- Directions for this task
Gather all lines in the entries that include the word "bounded".

Saved data entries
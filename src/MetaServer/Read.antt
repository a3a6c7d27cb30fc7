-- ===== src/MetaServer/Read.antt =====
-- `ReadFile`: inside the file, past its end, and of a name that is not there.
use sponge_bob.Prelude.{
  ℕ, ◌+◌, ◌-◌, ◌≤◌, ◌<◌, ◌≡◌, refl, ap, ◌∙◌, String, none, some, List, ◌++◌, arith, min, sub64,
  u64_mod,
}
use sponge_bob.Result.{Fault, ok, fault, null_pointer, ◌>>=◌}
use sponge_bob.Containers.Table
use sponge_bob.Inode.{Inode, Dentry, get_dentry}
use sponge_bob.InodeTable.Partition.{get_inode_found}
use sponge_bob.MetaServer.Messages.{FileBlockInfo, TransferRequest, TransferReply, success}
use sponge_bob.MetaServer.Transfer.{read_blocks}
use sponge_bob.MetaServer.Transfer.Located.{Serves}
use sponge_bob.MetaServer.Transfer.Total.{InBlocks, Runs-read_blocks, runs_total}
use sponge_bob.MetaServer.State.{Service, root_inum}
use sponge_bob.MetaServer.Handlers.{read_file, clamp_length}
use sponge_bob.MetaServer.Consistent.{Consistent}

module _ (hash : String → ℕ) (request : TransferRequest) {s : Service} (c : Consistent s) where
  -- The handler, once the file is found and the range is cut.
  pub read_file_eq :
      (d : Dentry) (i : Inode) (len left : ℕ) (ms : List FileBlockInfo)
      → get_dentry hash request.name c.root ≡ some d
      → Table.find d.inum s.inode_table.table ≡ some i
      → clamp_length request.offset request.length i.size ≡ len
      → read_blocks i request.offset len ≡ ok (ms, left)
      → read_file hash request s
        ≡ ok (success (record { block_info = ms; bytes = sub64 len left }), s)
  unfolding read_file
  read_file_eq d i len left ms named found clamped cut =
      rw (get_inode_found root_inum c.root s.inode_table c.table c.root_found) (
        rw (named, ◌>>=◌)
          (rw (get_inode_found d.inum i s.inode_table c.table found)
            (rw (clamped, ◌>>=◌) (rw cut refl))))

  -- The handler, when the cutting faults.
  pub read_file_fault :
      (d : Dentry) (i : Inode) (x : Fault)
      → get_dentry hash request.name c.root ≡ some d
      → Table.find d.inum s.inode_table.table ≡ some i
      → read_blocks i request.offset (clamp_length request.offset request.length i.size) ≡ fault x
      → read_file hash request s ≡ fault x
  unfolding read_file
  read_file_fault d i x named found cut =
      rw (get_inode_found root_inum c.root s.inode_table c.table c.root_found) (
        rw (named, ◌>>=◌)
          (rw (get_inode_found d.inum i s.inode_table c.table found) (rw (cut, ◌>>=◌) refl)))

  -- In a consistent service, a read of a name that leads to a stored inode, and that starts inside the
  -- file and ends below 2 ^ 64, answers as many bytes as there are up to the end of the file,
  -- at most the length asked for, serves each of them by its place, and changes nothing.
  pub read_file_total :
      (d : Dentry) (i : Inode)
      → get_dentry hash request.name c.root ≡ some d
      → Table.find d.inum s.inode_table.table ≡ some i
      → request.offset ≤ i.size
      → request.offset + request.length < u64_mod
      → (reply : TransferReply) × (read_file hash request s ≡ ok (success reply, s))
        × (reply.bytes ≡ min request.length (i.size - request.offset))
        × Serves i.block_info_list request.offset 0 reply.bytes reply.block_info
  unfolding clamp_length
  read_file_total d i named found inside bounded =
      let so = c.sound d.inum i found in
      let len = min request.length (i.size - request.offset) in
      let range : InBlocks i.block_info_list request.offset len = record {
        bounded = omega (arith, so.sized, so.short);
        covered = omega (arith, so.sized, so.short);
      } in
      let runs = runs_total i request.offset len so.addresses range in
      let clamped : clamp_length request.offset request.length i.size ≡ len =
        ground (arith, so.sized, so.short) in
      let whole : sub64 len 0 ≡ len = omega (arith, so.sized, so.short) in
      let ms = runs.first ++ (runs.full ++ runs.last) in
      (
        record { block_info = ms; bytes = len },
        read_file_eq d i len 0 ms named found clamped (Runs-read_blocks i request.offset len runs)
            ∙ ap (λ n. ok (success (record { block_info = ms; bytes = n }), s)) whole,
        refl,
        runs.serves,
      )

  -- In a consistent service, a read of a name that the root directory does not have dereferences a
  -- null pointer, for the test of the pointer comes after its use.
  pub read_file_missing :
      get_dentry hash request.name c.root ≡ none → read_file hash request s ≡ fault null_pointer
  unfolding read_file
  read_file_missing absent =
      rw (get_inode_found root_inum c.root s.inode_table c.table c.root_found)
        (rw (absent, ◌>>=◌) refl)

- Response to this task
  read_file_total d i named found inside bounded =
        bounded = omega (arith, so.sized, so.short);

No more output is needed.